**Work instructions**. Take the lines below between the one holding "are few enough." and the one holding "execute o sql", inclusive, and copy them exactly. Add nothing.

**Listed records**.

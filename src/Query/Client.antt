-- ===== src/Query/Client.antt =====
-- src/query_api.cpp: QueryApiV3Client. The session's destructor, which calls Cancel, is written out
-- where a session ends. A loop takes the number of its rounds, and `out_of_rounds` where they end.
use duckdb_data.Query.Types.{
  ColumnMetadata, ResultChunk, QueryState, running, QueryResponse, QueryOptions, numbered_v3,
  direct_legacy, Session, QueryError, query_cancelled, empty_sql, incomplete_credentials,
  untrusted_url, invalid_async_response, not_complete, invalid_completed_response, too_many_chunks,
  materialization_limit, metadata_failed, numeric_incomplete, too_many_columns, out_of_rounds,
  Environment, Run, M, pure, bind_result, ◌>>=◌, ◌>>◌, throw_if, get, modify,
}
use duckdb_data.Query.Checks.{
  trim_trailing_slash, is_trusted_tenant_url, is_safe_query_id, json_escape,
}
use duckdb_data.Query.Session.{
  query_url, cancel, try_or_cancel, is_complete, remember_query_id, ask_cancelled, ask_now,
  check_active, send, decode,
}
use duckdb_data.Query.Cursor.{get_request, next_chunk}
use duckdb_data.Base.{
  ℕ, zero, suc, ◌+◌, ◌*◌, ◌/◌, Bool, true, false, not, ◌&&◌, ◌||◌, Option, none, some, List, [],
  ◌∷◌, ◌++◌, map, ltb, ◌==◌, if◌then◌else◌, length, Bytes, codes, bytes_eq, is_empty, to_lower,
  to_string, Result, ok, err,
}

-- The constructor's test.
unfoldable pub are_valid_options : QueryOptions → Bool
are_valid_options o = not (
    o.request_timeout_ms == 0
    || o.overall_timeout_ms == 0
    || o.poll_interval_ms == 0
    || o.max_chunks == 0
    || o.cleanup_timeout_ms == 0
    || ltb 1000 o.cleanup_timeout_ms
    || o.max_rows == 0
    || ltb 100000 o.max_rows
    || o.max_columns == 0
    || o.max_cells == 0
    || o.max_total_response_bytes == 0
    || ltb o.overall_timeout_ms o.poll_interval_ms)

abbrev pub is_running : QueryState → Bool
is_running running = true
is_running _ = false

-- The body of the POST.
unfoldable pub submission : Bytes → ℕ → Bytes
unfolding json_escape to_string
submission sql row_limit =
    codes "{\"sql\":\""
    ++ (json_escape sql
        ++ (codes "\",\"transferMode\":\"ASYNC\",\"settings\":{\"timezone\":\"Etc/UTC\","
            ++ (codes "\"language\":\"en_US\"},\"queryRowLimit\":"
                ++ (to_string row_limit ++ codes "}"))))

abbrev pub new_session : QueryOptions → Bytes → Bytes → Bytes → Bool → Session
new_session o sql url token metadata_only = record {
  options = o;
  instance_url = url;
  request = record {
    method = codes "POST";
    url = trim_trailing_slash url ++ codes "/api/v3/query";
    authorization = codes "Bearer " ++ token;
    content_type = codes "application/json";
    accept = codes "application/json";
    body = submission sql (if metadata_only then 1 else o.max_rows);
    timeout_ms = o.request_timeout_ms;
    follow_redirects = false;
    max_response_bytes = 64 * 1024 * 1024;
    cleanup_request = false;
  };
  started_at_ms = 0;
  total_response_bytes = 0;
  mode = direct_legacy;
  metadata = [];
  query_id = [];
  has_expected_chunks = false;
  expected_chunks = 0;
  has_expected_rows = false;
  expected_rows = 0;
  next_chunk_index = 0;
  buffered_direct = none;
  next_url = [];
  visited_urls = [];
  fetched_chunks = 0;
  rows = 0;
  cells = 0;
  reconciled = false;
  terminal = false;
  arrow_response_outstanding = false;
}

-- "numeric" in any case of letters, without its precision or its scale.
unfoldable pub lacks_digits : ColumnMetadata → Bool
unfolding to_lower
lacks_digits c =
    bytes_eq (map to_lower c.column_type) (codes "numeric")
    && (not c.has_precision || not c.has_scale)

unfoldable pub any_lacks_digits : List ColumnMetadata → Bool
unfolding lacks_digits
any_lacks_digits [] = false
any_lacks_digits (c ∷ cs) = lacks_digits c || any_lacks_digits cs

abbrev pub is_nil : List ColumnMetadata → Bool
is_nil [] = true
is_nil (c ∷ cs) = false

-- The branch without chunk counts.
unfoldable pub adopt_direct : QueryResponse → M (Unit {0})
adopt_direct response = modify λ x. record x {
  mode = direct_legacy;
  metadata = response.metadata;
  has_expected_rows = response.has_row_count;
  expected_rows = response.row_count;
  buffered_direct = some response;
}

-- What a query with chunk counts expects.
unfoldable pub adopt_counts : QueryResponse → M (Unit {0})
adopt_counts response = do
  s ← get
  throw_if (not (is_safe_query_id s.query_id)) invalid_completed_response
  modify λ x. record x {
    mode = numbered_v3;
    has_expected_chunks = true;
    expected_chunks = response.chunk_count;
    has_expected_rows = response.has_row_count;
    expected_rows = response.row_count;
  }
  throw_if (ltb s.options.max_chunks response.chunk_count) too_many_chunks
  throw_if (response.has_row_count && ltb s.options.max_rows response.row_count)
      materialization_limit

-- The metadata that the tenant describes a query with.
unfoldable pub take_metadata : QueryResponse → M (Unit {0})
take_metadata described = do
  throw_if (not (is_complete described.state) || is_nil described.metadata) metadata_failed
  modify λ x. record x { metadata = described.metadata }
  throw_if (any_lacks_digits described.metadata) numeric_incomplete

unfoldable pub check_columns : M (Unit {0})
check_columns = do
  s ← get
  throw_if (ltb s.options.max_columns (length s.metadata)) too_many_columns

-- The condition and the body of the loop over the chunks.
abbrev pub collect : M (List ResultChunk) → Option ResultChunk → M (List ResultChunk)
collect more none = pure []
collect more (some chunk) = more >>= λ chunks. pure (chunk ∷ chunks)

module _ (env : Environment) where
  abbrev pub sleep : ℕ → M (Unit {0})
  sleep ms w = (ok tt, record w { turn = suc w.turn; slept_ms = w.slept_ms + ms })

  -- One request, decoded.
  abbrev pub exchange : M QueryResponse
  exchange = send env >>= decode env

  -- One request, its identifier kept, and the session still active.
  unfoldable pub settle : M QueryResponse
  settle = do response ← exchange; remember_query_id response; check_active env; pure response

  unfoldable pub ask_status : M QueryResponse
  unfolding settle
  ask_status w = settle (record w {
    session = record w.session { request = get_request (query_url w.session) w.session.request };
  })

  -- The body of the polling loop.
  unfoldable pub poll_once : M QueryResponse
  unfolding ask_status
  poll_once = do
    s ← get
    throw_if (not (is_safe_query_id s.query_id)) invalid_async_response
    sleep s.options.poll_interval_ms
    check_active env
    ask_status

  unfoldable pub poll : ℕ → QueryResponse → M QueryResponse
  unfolding poll_once
  poll zero response w =
      if is_running response.state then (err out_of_rounds, w) else (ok response, w)
  poll (suc rounds) response w =
      let again = bind_result (poll_once w) (λ next. poll rounds next) in
      if is_running response.state then again else (ok response, w)

  -- The metadata of a query with chunk counts.
  unfoldable pub describe : M (Unit {0})
  unfolding take_metadata
  describe = do
    modify λ x. record x { request = get_request (query_url x ++ codes "/metadata") x.request }
    described ← exchange
    take_metadata described

  -- The branch with chunk counts.
  unfoldable pub adopt_numbered : QueryResponse → M (Unit {0})
  unfolding adopt_counts describe
  adopt_numbered response = adopt_counts response >> describe

  unfoldable pub adopt : QueryResponse → M (Unit {0})
  unfolding adopt_direct adopt_numbered
  adopt response =
      if response.has_chunk_count || ltb 0 response.chunk_count
      then adopt_numbered response
      else adopt_direct response

  -- The end of the `try` block: the answer is complete, and its columns are few enough.
  unfoldable pub conclude : QueryResponse → M (Unit {0})
  unfolding adopt check_columns
  conclude last = do throw_if (not (is_complete last.state)) not_complete; adopt last; check_columns

  -- The `try` block of PrepareInternal.
  unfoldable pub submit : ℕ → M (Unit {0})
  unfolding settle poll conclude
  submit rounds = do first ← settle; last ← poll rounds first; conclude last

  -- PrepareInternal. An exception in the `try` block is followed by Cancel.
  unfoldable pub prepare_internal : ℕ → Bytes → Bytes → Bytes → M (Unit {0})
  unfolding submit
  prepare_internal rounds sql url token = do
    stop ← ask_cancelled env
    throw_if stop query_cancelled
    throw_if (is_empty sql) empty_sql
    throw_if (is_empty url || is_empty token) incomplete_credentials
    throw_if (not (is_trusted_tenant_url url)) untrusted_url
    now ← ask_now env
    modify λ x. record x { started_at_ms = now }
    try_or_cancel (submit rounds)

  abbrev pub fresh_run : QueryOptions → Bytes → Bytes → Bytes → Bool → Run
  fresh_run o sql url token metadata_only = record {
    session = new_session o sql url token metadata_only;
    turn = 0;
    slept_ms = 0;
    sent = [];
  }

  abbrev pub poll_rounds : QueryOptions → ℕ
  poll_rounds o = o.overall_timeout_ms / o.poll_interval_ms + 1

  unfoldable pub prepare :
      QueryOptions → Bytes → Bytes → Bytes → Bool → Result QueryError (Unit {0}) × Run
  unfolding prepare_internal
  prepare o sql url token metadata_only =
      prepare_internal (poll_rounds o) sql url token (fresh_run o sql url token metadata_only)

  -- `while (cursor.NextChunk(chunk)) result.chunks.push_back(chunk);`
  unfoldable pub drain : ℕ → M (List ResultChunk)
  unfolding next_chunk
  drain zero w = (err out_of_rounds, w)
  drain (suc rounds) w = bind_result (next_chunk env w) (collect (drain rounds))

  -- The end of the handle that owns the session.
  abbrev pub destroy : {A : Type 0} → Result QueryError A × Run → Result QueryError A × Run
  destroy (result, w) = (result, cancel w)

  unfoldable pub execute :
      QueryOptions → Bytes → Bytes → Bytes → Result QueryError (List ResultChunk) × Run
  unfolding prepare drain
  execute o sql url token =
      destroy (bind_result (prepare o sql url token false) λ _. drain (o.max_chunks + 2))

  unfoldable pub execute_metadata :
      QueryOptions → Bytes → Bytes → Bytes → Result QueryError (List ColumnMetadata) × Run
  unfolding prepare
  execute_metadata o sql url token =
      destroy (bind_result (prepare o sql url token true) λ _. get >>= λ s. pure s.metadata)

**Written answer**.
  -- The end of the `try` block: the answer is complete, and its columns are few enough.
  unfoldable pub conclude : QueryResponse → M (Unit {0})
  unfolding adopt check_columns
  conclude last = do throw_if (not (is_complete last.state)) not_complete; adopt last; check_columns

  -- The `try` block of PrepareInternal.
  unfoldable pub submit : ℕ → M (Unit {0})
  unfolding settle poll conclude
  submit rounds = do first ← settle; last ← poll rounds first; conclude last

  -- PrepareInternal. An exception in the `try` block is followed by Cancel.
  unfoldable pub prepare_internal : ℕ → Bytes → Bytes → Bytes → M (Unit {0})
  unfolding submit
  prepare_internal rounds sql url token = do
    stop ← ask_cancelled env
    throw_if stop query_cancelled
    throw_if (is_empty sql) empty_sql
    throw_if (is_empty url || is_empty token) incomplete_credentials
    throw_if (not (is_trusted_tenant_url url)) untrusted_url
    now ← ask_now env
    modify λ x. record x { started_at_ms = now }
    try_or_cancel (submit rounds)

  abbrev pub fresh_run : QueryOptions → Bytes → Bytes → Bytes → Bool → Run
  fresh_run o sql url token metadata_only = record {
    session = new_session o sql url token metadata_only;
    turn = 0;
    slept_ms = 0;
    sent = [];
  }

  abbrev pub poll_rounds : QueryOptions → ℕ
  poll_rounds o = o.overall_timeout_ms / o.poll_interval_ms + 1

  unfoldable pub prepare :
      QueryOptions → Bytes → Bytes → Bytes → Bool → Result QueryError (Unit {0}) × Run
  unfolding prepare_internal
  prepare o sql url token metadata_only =
      prepare_internal (poll_rounds o) sql url token (fresh_run o sql url token metadata_only)

  -- `while (cursor.NextChunk(chunk)) result.chunks.push_back(chunk);`
  unfoldable pub drain : ℕ → M (List ResultChunk)
  unfolding next_chunk
  drain zero w = (err out_of_rounds, w)
  drain (suc rounds) w = bind_result (next_chunk env w) (collect (drain rounds))

  -- The end of the handle that owns the session.
  abbrev pub destroy : {A : Type 0} → Result QueryError A × Run → Result QueryError A × Run
  destroy (result, w) = (result, cancel w)

  unfoldable pub execute :
      QueryOptions → Bytes → Bytes → Bytes → Result QueryError (List ResultChunk) × Run
  unfolding prepare drain
  execute o sql url token =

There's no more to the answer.